Parabolas (degree 2)
Cubics (degree 3)
Waves or wiggles (degree 4+)

Even though it looks nonlinear in $x$ , it’s still linear in the weights — and that’s the key idea.

2. Degree Depends on the Data

The degree you choose controls how complex the curve is.

Low degree → simple, smooth curve
High degree → flexible, wavy curve (but might overfit)

For example, if the true pattern is curved like a bowl, a degree of 2 is usually enough:

[1, x, x^2]

This gives the model enough freedom to bend, without getting too wild.

Choosing the right degree is a balance:
Too low = underfitting, too high = overfitting.

3. Same Learning Equation, Just Transformed Input

Once we expand the input, we train the model just like in linear regression — nothing changes in the math!

A) Using Gradient Descent

We minimize the cost function step by step:

Cost function (Mean Squared Error):

J(\mathbf{w}) = \frac{1}{2n} \sum_{i=1}^n \left( \hat{y}_i - y_i \right)^2 = \frac{1}{2n} \left\| X_{\text{poly}} \mathbf{w} - \mathbf{y} \right\|^2

$X_{\text{poly}}$ is the matrix of polynomial features
$\mathbf{w}$ contains all the weights: $[w_0, w_1, \dots, w_d]$

We compute the gradient:

\nabla J(\mathbf{w}) = \frac{1}{n} X_{\text{poly}}^\top (X_{\text{poly}} \mathbf{w} - \mathbf{y})

Then update the weights:

\mathbf{w} := \mathbf{w} - \alpha \cdot \nabla J(\mathbf{w})

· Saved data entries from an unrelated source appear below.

-- ===== src/Upstream/Highlight.antt =====
-- irc.go, isHighlight: whether a text names a nickname. Texts are lists of code points here, and the
-- classes of package unicode are parameters.
pub mod Search
use soju_bouncer.Prelude.{
  ℕ, zero, suc, ◌+◌, Bool, true, false, ◌&&◌, ◌||◌, not, Option, none, some, [], ◌∷◌, if◌then◌else◌,
  nat_eq, leb, Str, codes, length, take, drop,
}
use soju_bouncer.Prelude.Text.{has_prefix}

pub record Unicode : Type 0 where
  pub is_letter : ℕ → Bool
  pub is_number : ℕ → Bool
  pub is_space : ℕ → Bool

-- `strings.Index`.
unfoldable pub index : Str → Str → Option ℕ
unfolding has_prefix
index [] nick = elim (has_prefix [] nick) [ true ↦ some 0 | false ↦ none ]
index (c ∷ s) nick = elim (has_prefix (c ∷ s) nick) [
  | true ↦ some 0
  | false ↦ elim (index s nick) [ none ↦ none | some i ↦ some (suc i) ]
]

-- `utf8.RuneError`, which stands for the missing rune of an empty text.
abbrev pub rune_error : ℕ
rune_error = 0xfffd

unfoldable pub first_rune : Str → ℕ
first_rune [] = rune_error
first_rune (c ∷ s) = c

unfoldable pub last_rune : Str → ℕ
last_rune [] = rune_error
last_rune (c ∷ []) = c
last_rune (c ∷ d ∷ s) = last_rune (d ∷ s)

module _ (u : Unicode) where
  unfoldable pub is_word_boundary : ℕ → Bool
  is_word_boundary r =
      if nat_eq r b'-' || (nat_eq r b'_' || nat_eq r b'|')
      then false
      else not (u.is_letter r) && not (u.is_number r)

  -- The text from its last white space on; `word` is what was found so far.
  unfoldable pub last_word_from : Str → Str → Str
  last_word_from word [] = word
  last_word_from word (c ∷ s) = last_word_from (if u.is_space c then c ∷ s else word) s

  abbrev pub is_scheme_rune : ℕ → Bool
  is_scheme_rune r =
      (nat_eq r b'+' || (nat_eq r b'-' || nat_eq r b'.'))
      || ((leb b'0' r && leb r b'9') || ((leb b'a' r && leb r b'z') || (leb b'A' r && leb r b'Z')))

  abbrev pub ends_scheme : Str → Option ℕ → Bool
  ends_scheme text none = false
  ends_scheme text (some i) = is_scheme_rune (last_rune (take i text))

  unfoldable pub is_uri_prefix : Str → Bool
  unfolding last_word_from last_rune index
  is_uri_prefix text =
      let word = last_word_from text text in ends_scheme word (index word (codes "://"))

  -- Whether the nickname, found at an index, stands for itself.
  unfoldable pub stands_alone : Str → Str → ℕ → Bool
  unfolding is_word_boundary is_uri_prefix first_rune last_rune
  stands_alone text nick i =
      is_word_boundary (last_rune (take i text))
      && (is_word_boundary (first_rune (drop (i + length nick) text))
          && not (is_uri_prefix (take i text)))

  -- The loop, on fuel: what follows a place that does not count is searched in turn. `none` is a
  -- search that has not ended.
  unfoldable pub highlight_from : ℕ → Str → Str → Option Bool
  unfolding stands_alone index
  highlight_from zero text nick = none
  highlight_from (suc fuel) text nick = elim (index text nick) [
    | none ↦ some false
    | some i ↦ elim (stands_alone text nick i) [
      | true ↦ some true
      | false ↦ highlight_from fuel (drop (i + length nick) text) nick
    ]
  ]

  -- `none` is the panic on an empty nickname.
  unfoldable pub is_highlight : Str → Str → Option Bool
  unfolding highlight_from
  is_highlight text [] = none
  is_highlight text (c ∷ nick) = highlight_from (length text + 1) text (c ∷ nick)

$\alpha$ is the learning rate (controls step size)
This repeats until the weights converge (or max steps reached)

We use $\nabla J(\mathbf{w})$ instead of separate derivatives like $\frac{dJ}{dw}, \frac{dJ}{db}$ because all weights — including the intercept — are updated together as a vector.

B) Using Closed-Form Solution

If the dataset is small, we can directly solve for the weights using the Normal Equation:

\mathbf{w} = (X^\top X)^{-1} X^\top y

$X$ is the matrix of polynomial features
This formula gives the exact weights that minimize error — no iteration needed

To use this formula, the input features must be non-redundant — no column should be a perfect copy or combination of the others. If they are redundant, the matrix $X^\top X$ becomes singular, meaning we cannot compute its inverse. In such cases, the closed-form solution fails. Gradient descent can still work, but the solution might not be unique.

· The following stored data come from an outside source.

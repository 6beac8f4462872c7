-- ===== src/Upstream/State.antt =====
-- upstream.go, the state of a connection to a server: its channels, the users that it knows of, and
-- what the handlers of messages read and write. What a handler does to others is a list of outputs,
-- in order.
use soju_bouncer.Prelude.{ℕ, Bool, Option, none, some, List, [], ◌∷◌, ◌++◌, ◌==◌, Str, str_Eq}
use soju_bouncer.Irc.{Message, Prefix}
use soju_bouncer.Downstream.Sasl.{Base64}
use soju_bouncer.Xirc.CaseMapping.{CaseMapping}
use soju_bouncer.Xirc.CaseMappingMap
use soju_bouncer.Xirc.CaseMappingMap.{CaseMappingMap, Entry}
use soju_bouncer.Xirc.Caps.{CapRegistry}
use soju_bouncer.Xirc.Membership.{MembershipSet}
use soju_bouncer.Modes.Channel.{Available}
use soju_bouncer.Modes.Channel as ModeChannel
use soju_bouncer.Upstream.Pending.{Conn}
use soju_bouncer.Upstream.Highlight.{Unicode}
use soju_bouncer.User.Delivered.{DeliveredStore}
use soju_bouncer.Database.Channels.{ChannelSettings}

-- `topic_who` and `creation_time` tell whether they were ever given; a time is a
-- number of nanoseconds with whether it is negative. `state` holds the modes and the
-- members, as applyChannelModes changes them. `detach_timer` is whether a timer is set.
pub record UpstreamChannel : Type 0 where
  pub name : Str
  pub topic : Str
  pub topic_who : Option Prefix
  pub topic_time : Option (Bool × ℕ)
  pub status : Option ℕ
  pub state : ModeChannel.Channel
  pub creation_time : Str
  pub complete : Bool
  pub detach_timer : Bool

pub record UpstreamUser : Type 0 where
  pub nickname : Str
  pub username : Str
  pub hostname : Str
  pub server : Str
  pub flags : Str
  pub account : Str
  pub realname : Str

pub record UpstreamBatch : Type 0 where
  pub type : Str
  pub params : List Str
  pub outer : Option Str
  pub label : Str

-- A downstream connection that is bound to the network. `sasl_plain` are the credentials of an
-- authentication that is in progress.
pub record Client : Type 0 where
  pub id : ℕ
  pub nick : Str
  pub prefix : Prefix
  pub caps : CapRegistry
  pub sees_blocked : Bool
  pub monitored : CaseMappingMap (Unit {0})
  pub away : Bool
  pub sasl_plain : Option (Str × Str)

-- What a client is told of by a method of its own.
pub data Update : Type 0 where
  account_changed host_changed nick_changed realname_changed caps_changed : Update
  isupport_changed casemapping_changed : Update

-- `sent` and `advanced` are sendMessageWithID and advanceMessageWithID; `replied` is SendMessage to a
-- client; `logged` is a message that the message store appends for an entity.
pub data Output : Type 0 where
  to_server : Message → Output
  sent : ℕ → Prefix → Message → Output
  advanced : ℕ → Prefix → Message → Output
  replied : ℕ → Prefix → Message → Output
  logged : Str → Prefix → Message → Output
  updated : ℕ → Update → Output
  channel_forwarded : ℕ → Str → Output
  sasl_ended : ℕ → Message → Output
  sasl_saved : Str → Str → Output
  push_sent : Prefix → Message → Output
  push_later : Str → Prefix → Message → Output
  timer_set : Str → ℕ → Output
  timer_stopped : Str → Output
  relayed : ℕ → Prefix → Message → Output
  backlog_sent : ℕ → Str → Str → Output
  stored : Str → Output
  service_noticed : ℕ → Str → Output
  disconnected_notified : Output

-- `sasl` is `saslClient`, and, once it is started, the challenges that it has answered.
-- `casemap`, `saved` (the saved channels) and `delivered` belong to the connection's network.
pub record UpstreamConn : Type 0 where
  pub registered : Bool
  pub nick : Str
  pub username : Str
  pub realname : Str
  pub hostname : Str
  pub account : Str
  pub modes : Str
  pub server_prefix : Prefix
  pub server_name : Str
  pub user_modes : Str
  pub available : Available
  pub channel_types : Str
  pub status_msg : Str
  pub isupport : List (Str × Option Str)
  pub channels : CaseMappingMap (Option UpstreamChannel)
  pub users : CaseMappingMap (Option UpstreamUser)
  pub monitored : CaseMappingMap Bool
  pub caps : CapRegistry
  pub sasl : Option (Option (List Str))
  pub batches : List (Str × UpstreamBatch)
  pub away : Bool
  pub queues : Conn
  pub pending_regain_nick : Str
  pub regain_timer : Bool
  pub got_motd : Bool
  pub has_desired_nick : Bool
  pub casemap : CaseMapping
  pub saved : CaseMappingMap (Option ChannelSettings)
  pub delivered : DeliveredStore
  pub out : List Output

pub record MessageTarget : Type 0 where
  pub muted : Bool
  pub blocked : Bool

-- What a handler only reads: the name of the network, the prefix of the bouncer itself, whether it
-- marks its user as away without clients, the names that the user wants, the password of the server,
-- the clients of the network and all those of the user, whether messages are stored, the id of an entity's last message, `none` where the store fails, the
-- time in nanoseconds, irc.ParsePrefix, base64, and the SASL mechanism with what its client of the
-- library answers to the challenges so far, `none` where it fails. `message_target` is what the
-- database says of a sender, which is neither muted nor blocked where it says nothing.
pub record Network : Type 0 where
  pub name : Str
  pub server_prefix : Prefix
  pub auto_away : Bool
  pub want_nick : Str
  pub want_username : Str
  pub want_realname : Str
  pub pass : Str
  pub clients : List Client
  pub user_clients : List Client
  pub has_msg_store : Bool
  pub last_msg_id : Str → Option Str
  pub now : ℕ
  pub parse_prefix : Str → Prefix
  pub base64 : Base64
  pub sasl_mechanism : Str
  pub sasl_respond : List Str → Option Str
  pub message_target : Str → MessageTarget
  pub unicode : Unicode

-- Why a handler stops.
pub data HandleError : Type 0 where
  need_more_params unknown_channel unknown_nick bad_mode unexpected malformed fatal : HandleError
  registration_refused closed database_failed : HandleError
  panicked : HandleError

-- A handler changes the connection in place, so that it is a result on an error too.
abbrev pub Handled : Type 0
Handled = UpstreamConn × Option HandleError

abbrev pub done : UpstreamConn → Handled
done uc = (uc, none)

abbrev pub failed : UpstreamConn → HandleError → Handled
failed uc e = (uc, some e)

abbrev pub emit : UpstreamConn → List Output → UpstreamConn
emit uc o = record uc { out = uc.out ++ o }

unfoldable pub equal_casemap : UpstreamConn → Str → Str → Bool
equal_casemap uc a b = uc.casemap a == uc.casemap b

unfoldable pub is_our_nick : UpstreamConn → Str → Bool
unfolding equal_casemap
is_our_nick uc nick = equal_casemap uc uc.nick nick

unfoldable pub get_channel : UpstreamConn → Str → Option UpstreamChannel
get_channel uc name = CaseMappingMap.get none uc.channels name

abbrev pub set_channel : UpstreamConn → Str → UpstreamChannel → UpstreamConn
set_channel uc name ch = record uc { channels = CaseMappingMap.set uc.channels name (some ch) }

abbrev pub with_members : UpstreamChannel → CaseMappingMap (Option MembershipSet) → UpstreamChannel
with_members ch members = record ch { state = record ch.state { members = members } }

-- A change of what each entry of a map of pointers points to.
unfoldable pub map_entries {ℓ} :
    {V : Type ℓ} → (V → V) → List (Str × Entry (Option V)) → List (Str × Entry (Option V))
map_entries f [] = []
map_entries f ((k, entry) ∷ m) =
    (k, record entry { value = elim entry.value [ none ↦ none | some v ↦ some (f v) ] })
    ∷ map_entries f m

unfoldable pub change_each {ℓ} :
    {V : Type ℓ} → (V → V) → CaseMappingMap (Option V) → CaseMappingMap (Option V)
change_each f cmm = record cmm { m = map_entries f cmm.m }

However, polynomial features like $x$ , $x^2$ , $x^3$ are not redundant — they are nonlinear transformations and add meaningful complexity to the model. So in this example, we can safely use the closed-form solution.

So the learning process is exactly like linear regression —
we’re just feeding in curved features instead of raw $x$ .

That’s why Polynomial Regression is often called:
Linear Regression in disguise.

Let's Code It

# Step 1: Create polynomial features manually
def add_polynomial_features(X, degree):
    return np.hstack([X**d for d in range(degree + 1)])

# Step 2: Fit using Normal Equation
class MyPolynomialRegression:
    def __init__(self, degree=2):
        self.degree = degree
        self.coef_ = None

    def fit(self, X, y):
        X_poly = add_polynomial_features(X, self.degree)
        # Normal Equation: w = (XᵀX)^(-1) Xᵀy
        self.coef_ = np.linalg.pinv(X_poly.T @ X_poly) @ X_poly.T @ y

    def predict(self, X):
        X_poly = add_polynomial_features(X, self.degree)
        return X_poly @ self.coef_

# Train our custom model
my_model = MyPolynomialRegression(degree=2)
my_model.fit(X, y)
my_y_pred = my_model.predict(X_test)

# Plot
plt.scatter(X, y, color='blue', label='Data')
plt.plot(X_test, my_y_pred, color='green', label='From-Scratch Polynomial Fit')
plt.title("Polynomial Regression (from scratch)")
plt.xlabel("X")
plt.ylabel("y")
plt.legend()
plt.show()

Outputs:

It Works!!

The curved regression line produced by our scratch Polynomial Regression implementation closely matches the result from scikit-learn.

This confirms that the gradient descent logic — expanding the features, computing the cost, applying the chain rule, and updating the weights — behaves exactly as expected.

We've successfully built Polynomial Regression from the ground up!